Grounding Your Evidence: The Audit Workflow
Follow this pattern to ground every score:
-
Identify the detection signal from the rubric
- Example: "operationId on all operations"
-
Run a specific command to reveal the truth
- Example:
grep -c "operationId:" openapi.yaml | wc -l
- Example:
-
Record the output verbatim
- Example: "12 operationIds across 40 endpoints (30%)"
-
Cite the file path or command
- Example:
openapi.yamlorgrep -r "operationId" .
- Example:
-
Map evidence to rubric criterion
- Example: "Rubric says 2+ requires operationId on all operations.
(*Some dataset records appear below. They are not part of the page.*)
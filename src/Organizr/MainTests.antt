-- ===== src/Organizr/MainTests.antt =====
-- Runs of the whole sync, and a witness.
use native.Mathlib.Decide.{ℕ_discrete}
use k8s_homelab.Prelude.{
  refl, false, nat_eq, ◌∷◌, list_eq, ℕ, none, [], ◌==◌, true, Option, Bool, some, if◌then◌else◌,
  ◌≡◌,
}
use k8s_homelab.Prelude.Text.{lower_char, lower, starts_with, codes, Text}
use k8s_homelab.Prelude.Sort.{text_leb, sorted_by, sorted, insert_sorted}
use k8s_homelab.Prelude.Dict.{lookup, keys, insert}
use k8s_homelab.Organizr.{
  values_of, remove_unlisted, remove_each, list_of, is_builtin, first_true, differs, by_name,
  apply_item, apply_each, apply_list, call, data_of, call_open,
}
use k8s_homelab.Organizr.{Answers, Session, get_method}
use k8s_homelab.Organizr.Setup.{
  is_secret, resolve, resolve_all, apply_settings, read_config, first_run, wait_ready, Env,
}
use k8s_homelab.Organizr.Main.{
  verify_lists, verify, tab_problems, sync_tabs, setting_problems, same_setting, problems_of,
  placed_tabs, ids_of, category_ids, then_run, main, Spec,
}
use k8s_homelab.Json.{
  str_value, put, pop, is_zero, is_truthy, get, or_empty, no_values, value, list, number, dict,
  text, null, no_fields, Value, field, Fields,
}
use k8s_homelab.Backup.Substitute.{occurs}
use k8s_homelab.Organizr.Synced.{main-Synced, Synced}

abbrev no_repr : Value → Text
no_repr v = []

abbrev never : Session → Bool
never s = true

abbrev home_env : Env
home_env name = if name == codes "PW" then some (codes "s3") else none

abbrev data_answer : Value → Option (ℕ × Value)
data_answer v =
    some (200, dict (field (codes "response") (dict (field (codes "data") v no_fields)) no_fields))

abbrev kept_config : Fields
kept_config =
    field (codes "title") (text (codes "home"))
      (field (codes "ldapPassword") (text (codes "***")) no_fields)

abbrev media : Fields
media =
    field (codes "category") (text (codes "media"))
      (field (codes "category_id") (number (codes "3")) no_fields)

abbrev plex : Fields
plex = field (codes "name") (text (codes "plex")) (
    field (codes "category_id") (number (codes "3"))
      (field (codes "id") (number (codes "7")) no_fields))

abbrev get_answer : Text → Option (ℕ × Value)
get_answer path =
    if path == codes "/ping"
    then data_answer (text (codes "pong"))
    else if path == codes "/config"
    then data_answer (dict kept_config)
    else if path == codes "/categories"
    then data_answer (list (value (dict media) no_values))
    else data_answer (list (value (dict plex) no_values))

-- An Organizr that has all that is wanted.
abbrev settled : Answers
settled sent r = elim r.method [ get_method ↦ get_answer r.path | _ ↦ some (200, null) ]

abbrev home : Spec
home = record {
  wizard = no_fields;
  settings =
      field (codes "title") (text (codes "Home"))
        (field (codes "ldapPassword") (text (codes "env:PW")) no_fields);
  categories = (codes "media", field (codes "category") (text (codes "media")) no_fields) ∷ [];
  tabs =
      (
        codes "plex",
        field (codes "name") (text (codes "plex"))
            (field (codes "category") (text (codes "media")) no_fields),
      )
      ∷ [];
  exact = true;
}

running : Spec → Bool × Session
unfolding main then_run wait_ready call_open data_of or_empty get first_run read_config call
    apply_settings resolve_all resolve starts_with apply_list apply_each apply_item occurs is_truthy
    is_zero pop put str_value category_ids ids_of placed_tabs problems_of same_setting
    setting_problems sync_tabs tab_problems verify verify_lists is_secret by_name differs first_true
    is_builtin list_of remove_each remove_unlisted values_of insert keys lookup insert_sorted sorted
    sorted_by text_leb lower lower_char list_eq nat_eq ℕ_discrete
running spec = main no_repr never settled home_env spec []

home_settled : (running home).0 ≡ true
unfolding running
home_settled = refl

-- A setting that the environment lacks ends the run.
lacking :
    (running (record home { settings = field (codes "a") (text (codes "env:NO")) no_fields })).0
    ≡ false
unfolding running
lacking = refl

-- So does a value that is not read back.
unlike :
    (running (record home { settings = field (codes "title") (text (codes "x")) no_fields })).0
    ≡ false
unfolding running
unlike = refl

main-home : (main no_repr never settled home_env home []).0 ≡ true
main-home = unfold running in home_settled

main-Synced_example :
    Synced no_repr never settled home_env home (main no_repr never settled home_env home []).1
main-Synced_example = main-Synced no_repr never settled home_env home [] main-home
Evidence shows 30%. Score: 1."
-
Document confidence
- Example: "Medium confidence. Examined openapi.yaml (1 file), did not check code generation from spec."
Evidence Template
When documenting a dimension score, use this template:
**Dimension: [Name]**
**Score: [0/1/2/3]**
**Confidence: High / Medium / Low**
**Evidence:**
- [File path or grep command]: [Result]
- [File path or grep command]: [Result]
- [Command output]: [Result]
**Gap:** [What prevents a higher score]
**Next:** [What needs to change to improve]Example:
**Dimension: Error Handling**
**Score: 1**
**Confidence: High**
**Evidence:**
- src/middleware/errors.ts:45–67: Error handler returns `{ status, message }` only
- grep "is_retriable\|isRetriable" src/ : 0 matches
- grep "RFC 9457" docs/ : 0 matches
- grep "Retry-After" src/ : 1 match (rate limit header only, no error context)
**Gap:** No RFC 9457 Problem Details. No is_retriable field. No suggestions array. No doc_uri linking.
**Next:** Refactor error schema to RFC 9457 format. Add is_retriable boolean. Populate suggestions array.Best Practices
Be specific. "The API is well-documented" is not evidence. "openapi.yaml has descriptions on 100% of operations, with examples on 95% of parameters" is.
Check multiple files. Don't assume one file represents the whole project. Sample representative surfaces (OpenAPI, CLI, MCP, errors, tests).
Cite line numbers. "src/api/index.ts:234: operationId missing" is better than "somewhere in the API code, operationId is missing".
Run the commands yourself. Don't paraphrase. Copy the exact grep/glob/command output into your findings. This makes audits reproducible.
Document low-confidence scores. If you haven't examined >30% of relevant code, mark it Low confidence and suggest manual re-verification.
Update scores iteratively. As you discover new evidence, update both the score and confidence level. Audits are not snapshots—they're living documents.